= A Treatise of Pleas of the Crown =

Book by William Hawkins

A Treatise of Pleas of the Crown; or, a system of the principal matters relating to that subject, digested under proper heads (or Pleas of the Crown for short), is an influential treatise on the criminal law of England, written by William Hawkins, serjeant-at-law, and later edited by John Curwood, barrister. It was first published in 1716 and went through eight editions, the last of which was published in 1824.

It is often cited as "Hawk.P.C." or some similar variation on this.

In 1847, John Gage Marvin said:

"There are very few juridical writers, whose compilations are more full of useful knowledge, or more methodically digested, even down to the minute sub-divisions, than the Pleas of the Crown, by Mr. Serj. Hawkins. In this admired and authoritative work the student will readily find information in almost every point of Law relating to Crimes and Punishments." The 3d ed., 2 vols., fol., 1739, was edited by G. L. Scott, and the fifth and sixth editions were very much enlarged by Thomas Leach. Mr. Curwood cut off "some of Leach's excrescences," and added a good selection of leading Cases, rarely referring to the rulings of a single judge. Hawkins' Treatise was formerly much esteemed, but later publications upon Crown Law have somewhat impaired its value as a practical work. 2 Woodes. Lec. 488, n; Brooke's Bib. Leg. Ang. 241; Bridg. Leg. Bib.; Warren's Law Stu. 620; 3 Wilson's Works, 18; 1 Brod. & Bing. 570-97; 1 Barn. & Ald. 244; 1 Barn. & Cres. 274; 1 Kent's Com. 511.

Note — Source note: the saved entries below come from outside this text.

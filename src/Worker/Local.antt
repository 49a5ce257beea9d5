-- ===== src/Worker/Local.antt =====
-- DotnetCoreAcquisitionWorker.ts: local installs.
use vscode_dotnet_runtime.Prelude.{
  Bool, true, false, ◌&&◌, ◌||◌, not, Option, none, some, List, [], ◌∷◌, if◌then◌else◌, any_of,
  keep, Result, ok, throw, Error, and_then,
}
use vscode_dotnet_runtime.Text.{Text, includes, includes_code}
use vscode_dotnet_runtime.Install.{DotnetInstallType, local, named, AcquireContext, DotnetInstall}
use vscode_dotnet_runtime.Tracker.State.{InstallRecord, get_existing_installs, equivalent_to}
use vscode_dotnet_runtime.Files.{wipe_directory}
use vscode_dotnet_runtime.Worker.{
  Host, Machine, dotnet_path_of, get_default_internal_architecture, validated,
  track_installed_version, untrack_installed_version, report_uninstall, invalidate_entries,
  no_relevant_dependents, still_valid, sdk_is_found, is_global_request,
}

-- What an uninstall returns: '0', the code '117778', or the message of an error.
pub data Uninstalled : Type 0 where
  succeeded refused : Uninstalled
  failed : Error → Uninstalled

module _ {D C V : Type 0} (host : Host D C V) where
  -- Untracks an install that turns out to be missing.
  abbrev pub forget : AcquireContext → DotnetInstall → Machine D C → Machine D C
  forget ctx install m =
      report_uninstall host install (untrack_installed_version host ctx install true m)

  abbrev pub found :
      AcquireContext → DotnetInstall → Text → Machine D C → Result (Option Text) × Machine D C
  found ctx install path m =
      and_then (track_installed_version host ctx install path m) (λ _ m'. (ok (some path), m'))

  abbrev pub when_sdk_found :
      AcquireContext
      → DotnetInstall
      → Text
      → Machine D C
      → Result Bool
      → Result (Option Text) × Machine D C
  when_sdk_found ctx install path m (ok true) = found ctx install path m
  when_sdk_found ctx install path m (ok false) = (ok none, forget ctx install m)
  when_sdk_found ctx install path m (throw error) = (throw error, m)

  abbrev pub when_checked :
      AcquireContext
      → DotnetInstall
      → Text
      → Machine D C
      → Result Bool
      → Result (Option Text) × Machine D C
  when_checked ctx install path m (ok true) =
      if is_global_request ctx.install_type
      then when_sdk_found ctx install path m (sdk_is_found host ctx m.disk)
      else found ctx install path m
  when_checked ctx install path m (ok false) = (ok none, m)
  when_checked ctx install path m (throw error) = (ok none, forget ctx install m)

  unfoldable pub get_valid_existing_install_path :
      AcquireContext
      → List InstallRecord
      → DotnetInstall
      → Text
      → Machine D C
      → Result (Option Text) × Machine D C
  unfolding sdk_is_found
  get_valid_existing_install_path ctx installed_versions install path m =
      if any_of (equivalent_to install) installed_versions
        && (host.fs.exists path m.disk || host.using_no_install_invoker)
      then when_checked ctx install path m (still_valid host ctx path m.disk)
      else (ok none, m)

  -- What follows the removal of the files, and what follows its failure.
  abbrev pub after_wipe :
      AcquireContext
      → DotnetInstall
      → Result (Unit {0})
      → Machine D C
      → Result Uninstalled × Machine D C
  after_wipe ctx install (ok _) m = (
    ok succeeded,
    report_uninstall host install (invalidate_entries host (host.install_dir install.install_id) m),
  )
  after_wipe ctx install (throw error) m =
      and_then (track_installed_version host ctx install (dotnet_path_of host install) m)
        (λ _ m'. (ok (failed error), m'))

  abbrev pub remove_files :
      AcquireContext → DotnetInstall → Machine D C → Result Uninstalled × Machine D C
  remove_files ctx install m =
      let (wiped, d) =
        wipe_directory host.fs (host.install_dir install.install_id) none true m.disk in
      after_wipe ctx install wiped (record m { disk = d })

  abbrev pub checked_dependents :
      AcquireContext → DotnetInstall → Bool → Bool → Machine D C → Bool × Machine D C
  checked_dependents ctx install force use_live_dependent_check m =
      let (free, s) = no_relevant_dependents host ctx install use_live_dependent_check m.state in
      if force then (true, m) else (free, record m { state = s })

  -- The key 'installPathsGraveyard' that is cleared first is read by nothing and left out.
  unfoldable pub uninstall_local :
      AcquireContext → DotnetInstall → Bool → Bool → Machine D C → Result Uninstalled × Machine D C
  unfolding wipe_directory
  uninstall_local ctx install force use_live_dependent_check m =
      let (free, m') =
        checked_dependents ctx install force use_live_dependent_check
          (untrack_installed_version host ctx install force m) in
      let removed = remove_files ctx install m' in
      if install.is_global then (ok succeeded, m) else if free then removed else (ok succeeded, m')

  unfoldable pub existing_legacy_installs : List InstallRecord → List InstallRecord
  existing_legacy_installs all_installs =
      keep (λ install. not (includes_code install.dotnet_install.install_id b'~')) all_installs

  -- The loop over the legacy installs.
  unfoldable pub remove_each_matching :
      AcquireContext → Text → List InstallRecord → Machine D C → Result (Unit {0}) × Machine D C
  remove_each_matching ctx version [] m = (ok tt, m)
  remove_each_matching ctx version (r ∷ rs) m =
      and_then
        (if includes r.dotnet_install.install_id version
          then uninstall_local ctx r.dotnet_install false false m
          else (ok succeeded, m))
        (λ _ m'. remove_each_matching ctx version rs m')

  unfoldable pub remove_matching_legacy_install :
      AcquireContext → List InstallRecord → Text → Machine D C → Result (Unit {0}) × Machine D C
  unfolding existing_legacy_installs remove_each_matching
  remove_matching_legacy_install ctx installed_versions version m =
      remove_each_matching ctx version (existing_legacy_installs installed_versions) m

  -- `installType ??= 'local'` and `architecture ??= ...`.
  abbrev pub type_or_local : Option DotnetInstallType → Option DotnetInstallType
  type_or_local none = some local
  type_or_local (some type) = some type

  abbrev pub with_defaults : AcquireContext → AcquireContext
  with_defaults ctx = record ctx {
    install_type = type_or_local ctx.install_type;
    architecture = named (get_default_internal_architecture host ctx.architecture);
  }

  -- What follows the validation of a new install.
  abbrev pub track_new : AcquireContext → DotnetInstall → Machine D C → Result Text × Machine D C
  track_new ctx install m =
      and_then (track_installed_version host ctx install (dotnet_path_of host install) m)
        (λ _ m'. (ok (dotnet_path_of host install), m'))

  abbrev pub replace_legacy :
      AcquireContext → DotnetInstall → List InstallRecord → Machine D C → Result Text × Machine D C
  replace_legacy ctx install installed_versions m =
      and_then (remove_matching_legacy_install ctx installed_versions ctx.version m)
        (λ _ m'. track_new ctx install m')

  abbrev pub validate_and_track :
      AcquireContext → DotnetInstall → List InstallRecord → Machine D C → Result Text × Machine D C
  validate_and_track ctx install installed_versions m =
      and_then (validated host (dotnet_path_of host install) m.disk, m)
        (λ _ m'. replace_legacy ctx install installed_versions m')

  module _ (install_dotnet : DotnetInstall → D → Result (Unit {0}) × D) where
    abbrev pub install_new :
        AcquireContext
        → DotnetInstall
        → List InstallRecord
        → Machine D C
        → Result Text × Machine D C
    install_new ctx install installed_versions m =
        let (done, d) = install_dotnet install m.disk in
        and_then (done, record m { disk = d })
          (λ _ m.
            validate_and_track ctx install installed_versions
              (invalidate_entries host (host.install_dir install.install_id) m))

    abbrev pub unless_found :
        AcquireContext
        → DotnetInstall
        → List InstallRecord
        → Option Text
        → Machine D C
        → Result Text × Machine D C
    unless_found ctx install installed_versions (some path) m = (ok path, m)
    unless_found ctx install installed_versions none m =
        install_new ctx install installed_versions m

    unfoldable pub acquire_local_core :
        AcquireContext → DotnetInstall → Machine D C → Result Text × Machine D C
    unfolding get_valid_existing_install_path remove_matching_legacy_install get_existing_installs
    acquire_local_core ctx install m =
        let ctx' = with_defaults ctx in
        let (installed_versions, s) = get_existing_installs host.default_architecture m.state in
        and_then
          (get_valid_existing_install_path ctx' installed_versions install
            (dotnet_path_of host install) (record m { state = s }))
          (unless_found ctx' install installed_versions)
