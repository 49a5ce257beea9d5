-- ===== src/Worker/Existing.antt =====
-- DotnetCoreAcquisitionWorker.ts: the public operations, which name an install from a request and
-- acquire it, look for one that exists, or uninstall all.
use vscode_dotnet_runtime.Prelude.{
  Bool, true, false, ◌&&◌, ◌||◌, Option, none, some, List, [], ◌∷◌, if◌then◌else◌, keep, Result, ok,
  throw, Error, type_error, system_error, dotnet_acquisition_error, ◌>>=◌, and_then,
}
use vscode_dotnet_runtime.Text.{Text, ◌===◌}
use vscode_dotnet_runtime.Version.{get_major_minor}
use vscode_dotnet_runtime.Install.{
  DotnetInstallMode, DotnetInstallType, local, Architecture, null, undefined, named, AcquireContext,
  DotnetInstall, same_mode, same_bool, same_architecture, is_global_type, get_dotnet_install_info,
  get_install_id_custom_architecture, get_install_from_context,
}
use vscode_dotnet_runtime.Tracker.State.{InstallRecord, get_existing_installs}
use vscode_dotnet_runtime.Tracker.Installs.{uninstall_all_records}
use vscode_dotnet_runtime.Worker.{
  Host, Machine, dotnet_path_of, get_default_internal_architecture, track_installed_version,
}
use vscode_dotnet_runtime.Worker.Local.{get_valid_existing_install_path, acquire_local_core}

unfoldable pub get_error_or_string_as_event_error : Error → Error
get_error_or_string_as_event_error type_error = dotnet_acquisition_error
get_error_or_string_as_event_error system_error = dotnet_acquisition_error
get_error_or_string_as_event_error error = error

abbrev pub with_event_error {ℓ κ} : {A : Type ℓ} {S : Type κ} → Result A × S → Result A × S
with_event_error (ok a, s) = (ok a, s)
with_event_error (throw error, s) = (throw (get_error_or_string_as_event_error error), s)

module _ {D C V : Type 0} (host : Host D C V) where
  -- `architecture ?? getDefaultInternalArchitecture(architecture)`
  abbrev internal_architecture : AcquireContext → Architecture
  internal_architecture ctx = named (get_default_internal_architecture host ctx.architecture)

  abbrev legacy_install : AcquireContext → DotnetInstallMode → DotnetInstallType → DotnetInstall
  legacy_install ctx mode type = record {
    install_id =
        get_install_id_custom_architecture host.default_architecture ctx.version null ctx.mode type;
    version = ctx.version;
    architecture = undefined;
    is_global = is_global_type type;
    install_mode = mode;
  }

  abbrev is_null : Architecture → Bool
  is_null null = true
  is_null _ = false

  -- The install that `acquire` names.
  unfoldable pub requested_install :
      AcquireContext → DotnetInstallMode → DotnetInstallType → DotnetInstall
  unfolding get_dotnet_install_info get_default_internal_architecture
      get_install_id_custom_architecture
  requested_install ctx mode type =
      if is_null ctx.architecture
      then legacy_install ctx mode type
      else get_dotnet_install_info host.default_architecture ctx.version mode type
          (internal_architecture ctx)

  -- `acquire` without a resolver.
  unfoldable pub acquire_local :
      (DotnetInstall → D → Result (Unit {0}) × D)
      → AcquireContext
      → DotnetInstallMode
      → Machine D C
      → Result Text × Machine D C
  unfolding requested_install acquire_local_core get_error_or_string_as_event_error
  acquire_local install_dotnet ctx mode m =
      with_event_error
        (acquire_local_core host install_dotnet ctx (requested_install ctx mode local) m)

  -- `architecture ? architecture : ...`
  abbrev status_architecture : Option Text → AcquireContext → Architecture
  status_architecture (some (x ∷ xs)) ctx = named (x ∷ xs)
  status_architecture _ ctx = internal_architecture ctx

  abbrev path_or_undefined : Option Text → Option Text
  path_or_undefined (some (x ∷ xs)) = some (x ∷ xs)
  path_or_undefined _ = none

  unfoldable pub acquire_status :
      AcquireContext
      → DotnetInstallMode
      → Option Text
      → Machine D C
      → Result (Option Text) × Machine D C
  unfolding get_dotnet_install_info get_default_internal_architecture get_existing_installs
      get_valid_existing_install_path
  acquire_status ctx mode architecture m =
      let install =
        get_dotnet_install_info host.default_architecture ctx.version mode local
          (status_architecture architecture ctx) in
      let (installed_versions, s) = get_existing_installs host.default_architecture m.state in
      and_then
        (get_valid_existing_install_path host ctx installed_versions install
          (dotnet_path_of host install) (record m { state = s }))
        (λ existing m. (ok (path_or_undefined existing), m))

  module _ (expected_global_sdk_path : Text → Architecture → D → Result Text) where
    abbrev same_kind : DotnetInstall → DotnetInstall → Bool
    same_kind a b =
        same_mode a.install_mode b.install_mode
        && same_architecture a.architecture b.architecture
        && same_bool a.is_global b.is_global

    unfoldable pub is_similar : DotnetInstall → DotnetInstall → Result Bool
    unfolding get_major_minor same_architecture
    is_similar a b =
        if same_kind a b
        then (get_major_minor a.version >>= λ mine.
            (get_major_minor b.version >>= λ theirs. ok (mine === theirs)))
        else ok false

    abbrev pub path_of_existing : DotnetInstall → D → Result Text
    path_of_existing install d =
        if install.is_global
        then expected_global_sdk_path install.version install.architecture d
        else ok (dotnet_path_of host install)

    -- One turn of the loop, `later` being what the next ones give.
    abbrev pub consider :
        AcquireContext
        → DotnetInstall
        → Machine D C
        → Result (Option Text) × Machine D C
        → Text
        → Result (Option Text) × Machine D C
    consider ctx install m later path =
        if host.fs.exists path m.disk || host.using_no_install_invoker
        then and_then (track_installed_version host ctx install path m)
            (λ _ m'. (ok (some path), m'))
        else later

    abbrev pub try_similar :
        AcquireContext
        → DotnetInstall
        → Machine D C
        → Result (Option Text) × Machine D C
        → Result (Option Text) × Machine D C
    try_similar ctx install m later =
        and_then (path_of_existing install m.disk, m) (λ path _. consider ctx install m later path)

    unfoldable pub similar_from :
        AcquireContext
        → DotnetInstall
        → List InstallRecord
        → Machine D C
        → Result (Option Text) × Machine D C
    unfolding is_similar
    similar_from ctx wanted [] m = (ok none, m)
    similar_from ctx wanted (r ∷ rs) m =
        let later = similar_from ctx wanted rs m in
        and_then (is_similar r.dotnet_install wanted, m)
          (λ similar _.
            if similar
            then and_then (path_of_existing r.dotnet_install m.disk, m)
                (λ path _. consider ctx r.dotnet_install m later path)
            else later)

    unfoldable pub get_similar_existing_install :
        AcquireContext → Machine D C → Result (Option Text) × Machine D C
    unfolding get_install_from_context get_existing_installs similar_from
    get_similar_existing_install ctx m =
        let (installed_versions, s) = get_existing_installs host.default_architecture m.state in
        similar_from ctx (get_install_from_context host.default_architecture ctx) installed_versions
          (record m { state = s })

  -- The loop of `deleteUninstalls`: a folder whose executable is in use is kept.
  unfoldable pub delete_each : Text → List Text → D → D
  delete_each folder [] d = d
  delete_each folder (name ∷ names) d =
      let path = host.fs.join folder name in
      delete_each folder names (
        if host.fs.file_is_open (host.fs.join path host.fs.dotnet_executable) d
        then d
        else host.fs.rm path d)

  abbrev delete_listed : Text → D → Result (List Text) → D
  delete_listed folder d (ok entries) =
      delete_each folder (keep (λ name. host.fs.is_directory (host.fs.join folder name) d) entries)
        d
  delete_listed folder d (throw error) = d

  unfoldable pub delete_uninstalls : Text → D → D
  unfolding delete_each
  delete_uninstalls folder d = delete_listed folder d (host.fs.readdir folder d)

  unfoldable pub uninstall_all : Text → Machine D C → Machine D C
  unfolding uninstall_all_records delete_uninstalls
  uninstall_all storage_path m = record m {
    state = uninstall_all_records host.default_architecture m.state;
    disk = delete_uninstalls storage_path m.disk;
  }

In 1925, Percy Henry Winfield said: "In his preface, Hawkins, after a panegyric on the existing criminal law which staggers any modern lawyer accustomed to something less brutal, points out the imperfections of previous attempts to expound it, and states his own object to be the reduction of all the laws relating to it under one scheme. His first book deals with crimes, his second with the manner of bringing criminals to punishment. The work, as a whole, is very comprehensive, and, for a book of that period, well arranged. It shows plenty of critical ability, and in general it is a reliable statement of the law as Hawkins knew it. On historical points, it occasionally requires verification, and in the editions, which we have used, it is often overloaded with marginal references, some of which are untraceable and others worthless; but it may be that these are due to later editors. Hawkins’s work is deservedly of high authority and is still cited. It was the starting-point of modern laborious treatises on the criminal law which are valuable as digests of the subject, but which make no advance on Hawkins’s plan or style, and are not invariably reliable on matters of history."